§ Task item: Reproduce the records word for word, from the first line to the line containing "all_digits [] = true".

Dataset records below:

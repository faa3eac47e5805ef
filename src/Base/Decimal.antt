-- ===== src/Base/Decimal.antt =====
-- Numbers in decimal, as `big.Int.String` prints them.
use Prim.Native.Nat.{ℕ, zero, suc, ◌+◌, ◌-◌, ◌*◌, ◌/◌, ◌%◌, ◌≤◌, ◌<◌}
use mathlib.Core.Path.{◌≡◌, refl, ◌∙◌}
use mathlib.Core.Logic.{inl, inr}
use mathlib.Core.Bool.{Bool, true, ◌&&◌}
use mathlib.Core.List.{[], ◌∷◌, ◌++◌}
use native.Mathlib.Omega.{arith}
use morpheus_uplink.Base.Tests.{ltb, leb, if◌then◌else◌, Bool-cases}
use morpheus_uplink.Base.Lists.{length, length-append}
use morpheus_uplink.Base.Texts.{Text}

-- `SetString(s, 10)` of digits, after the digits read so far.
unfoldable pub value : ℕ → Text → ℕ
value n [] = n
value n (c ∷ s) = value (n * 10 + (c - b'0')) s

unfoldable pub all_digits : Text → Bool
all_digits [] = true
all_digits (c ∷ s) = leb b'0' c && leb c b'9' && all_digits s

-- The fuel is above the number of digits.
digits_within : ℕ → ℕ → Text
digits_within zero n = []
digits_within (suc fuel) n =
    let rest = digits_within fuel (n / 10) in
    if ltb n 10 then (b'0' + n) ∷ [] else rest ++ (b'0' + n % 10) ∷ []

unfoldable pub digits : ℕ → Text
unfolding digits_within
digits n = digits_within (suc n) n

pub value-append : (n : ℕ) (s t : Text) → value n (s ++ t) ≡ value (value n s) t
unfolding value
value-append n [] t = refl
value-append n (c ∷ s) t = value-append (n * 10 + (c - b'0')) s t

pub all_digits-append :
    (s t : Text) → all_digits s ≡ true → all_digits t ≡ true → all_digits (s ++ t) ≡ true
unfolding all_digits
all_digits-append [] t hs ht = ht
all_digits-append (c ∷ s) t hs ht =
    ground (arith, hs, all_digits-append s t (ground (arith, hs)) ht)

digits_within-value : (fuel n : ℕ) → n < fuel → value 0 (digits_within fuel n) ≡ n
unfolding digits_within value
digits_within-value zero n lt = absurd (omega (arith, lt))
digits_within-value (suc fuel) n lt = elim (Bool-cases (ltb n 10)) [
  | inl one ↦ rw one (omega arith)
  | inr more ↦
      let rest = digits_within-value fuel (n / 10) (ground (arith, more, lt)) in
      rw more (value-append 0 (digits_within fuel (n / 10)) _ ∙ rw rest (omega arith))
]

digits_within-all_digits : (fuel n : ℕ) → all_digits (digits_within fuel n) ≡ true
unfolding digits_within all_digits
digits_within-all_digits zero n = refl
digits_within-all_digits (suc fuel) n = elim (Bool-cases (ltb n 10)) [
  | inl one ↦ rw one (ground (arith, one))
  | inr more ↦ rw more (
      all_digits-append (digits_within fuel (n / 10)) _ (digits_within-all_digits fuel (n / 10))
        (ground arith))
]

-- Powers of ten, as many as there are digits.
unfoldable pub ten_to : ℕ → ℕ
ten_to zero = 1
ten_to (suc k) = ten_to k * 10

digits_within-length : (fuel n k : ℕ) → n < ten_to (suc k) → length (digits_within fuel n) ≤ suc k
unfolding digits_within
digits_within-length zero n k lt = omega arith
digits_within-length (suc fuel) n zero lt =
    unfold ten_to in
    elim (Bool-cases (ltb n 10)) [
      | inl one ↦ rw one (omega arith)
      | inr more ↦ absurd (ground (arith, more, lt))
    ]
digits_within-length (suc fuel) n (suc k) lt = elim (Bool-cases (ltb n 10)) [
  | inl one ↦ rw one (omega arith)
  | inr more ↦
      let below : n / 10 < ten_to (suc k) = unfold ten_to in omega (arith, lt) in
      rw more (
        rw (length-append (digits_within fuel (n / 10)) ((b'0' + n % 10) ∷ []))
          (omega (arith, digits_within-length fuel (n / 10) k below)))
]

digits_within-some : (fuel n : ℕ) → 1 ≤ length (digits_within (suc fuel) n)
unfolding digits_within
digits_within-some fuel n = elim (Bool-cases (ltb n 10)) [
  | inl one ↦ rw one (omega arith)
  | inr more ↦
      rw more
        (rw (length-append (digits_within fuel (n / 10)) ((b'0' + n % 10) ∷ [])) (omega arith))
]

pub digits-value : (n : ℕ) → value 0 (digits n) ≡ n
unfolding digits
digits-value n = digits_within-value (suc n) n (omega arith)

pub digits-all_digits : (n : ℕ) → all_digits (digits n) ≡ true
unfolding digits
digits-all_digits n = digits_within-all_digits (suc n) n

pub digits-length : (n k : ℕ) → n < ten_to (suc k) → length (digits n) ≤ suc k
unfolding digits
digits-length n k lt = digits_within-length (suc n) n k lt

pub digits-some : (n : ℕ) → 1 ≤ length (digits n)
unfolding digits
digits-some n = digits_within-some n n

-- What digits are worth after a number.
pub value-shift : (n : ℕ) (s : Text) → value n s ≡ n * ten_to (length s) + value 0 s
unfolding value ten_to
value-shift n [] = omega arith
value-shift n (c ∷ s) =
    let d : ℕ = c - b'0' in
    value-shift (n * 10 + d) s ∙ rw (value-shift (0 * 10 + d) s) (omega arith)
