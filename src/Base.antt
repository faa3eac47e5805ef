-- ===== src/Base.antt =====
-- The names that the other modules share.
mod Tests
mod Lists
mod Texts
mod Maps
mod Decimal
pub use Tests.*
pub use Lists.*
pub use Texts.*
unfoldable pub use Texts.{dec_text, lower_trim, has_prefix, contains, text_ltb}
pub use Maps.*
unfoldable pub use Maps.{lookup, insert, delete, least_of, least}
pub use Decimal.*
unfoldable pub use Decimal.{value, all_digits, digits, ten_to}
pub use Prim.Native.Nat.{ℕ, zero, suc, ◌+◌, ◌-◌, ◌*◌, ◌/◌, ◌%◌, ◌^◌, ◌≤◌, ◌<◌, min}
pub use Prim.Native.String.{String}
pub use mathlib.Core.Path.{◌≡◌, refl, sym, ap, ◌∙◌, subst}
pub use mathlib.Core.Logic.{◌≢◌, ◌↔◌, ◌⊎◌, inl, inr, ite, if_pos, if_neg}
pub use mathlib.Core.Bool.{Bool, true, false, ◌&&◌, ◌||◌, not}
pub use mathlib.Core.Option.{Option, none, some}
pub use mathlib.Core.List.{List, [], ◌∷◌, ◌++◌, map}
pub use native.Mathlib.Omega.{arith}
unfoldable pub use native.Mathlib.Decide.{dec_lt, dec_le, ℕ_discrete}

End of Dataset records.

§ Solved problem:
repository faa3eac47e5805ef
filename src/Base/Decimal.antt
-- ===== src/Base/Decimal.antt =====
-- Numbers in decimal, as `big.Int.String` prints them.
use Prim.Native.Nat.{ℕ, zero, suc, ◌+◌, ◌-◌, ◌*◌, ◌/◌, ◌%◌, ◌≤◌, ◌<◌}
use mathlib.Core.Path.{◌≡◌, refl, ◌∙◌}
use mathlib.Core.Logic.{inl, inr}
use mathlib.Core.Bool.{Bool, true, ◌&&◌}
use mathlib.Core.List.{[], ◌∷◌, ◌++◌}
use native.Mathlib.Omega.{arith}
use morpheus_uplink.Base.Tests.{ltb, leb, if◌then◌else◌, Bool-cases}
use morpheus_uplink.Base.Lists.{length, length-append}
use morpheus_uplink.Base.Texts.{Text}

-- `SetString(s, 10)` of digits, after the digits read so far.
unfoldable pub value : ℕ → Text → ℕ
value n [] = n
value n (c ∷ s) = value (n * 10 + (c - b'0')) s

unfoldable pub all_digits : Text → Bool
all_digits [] = true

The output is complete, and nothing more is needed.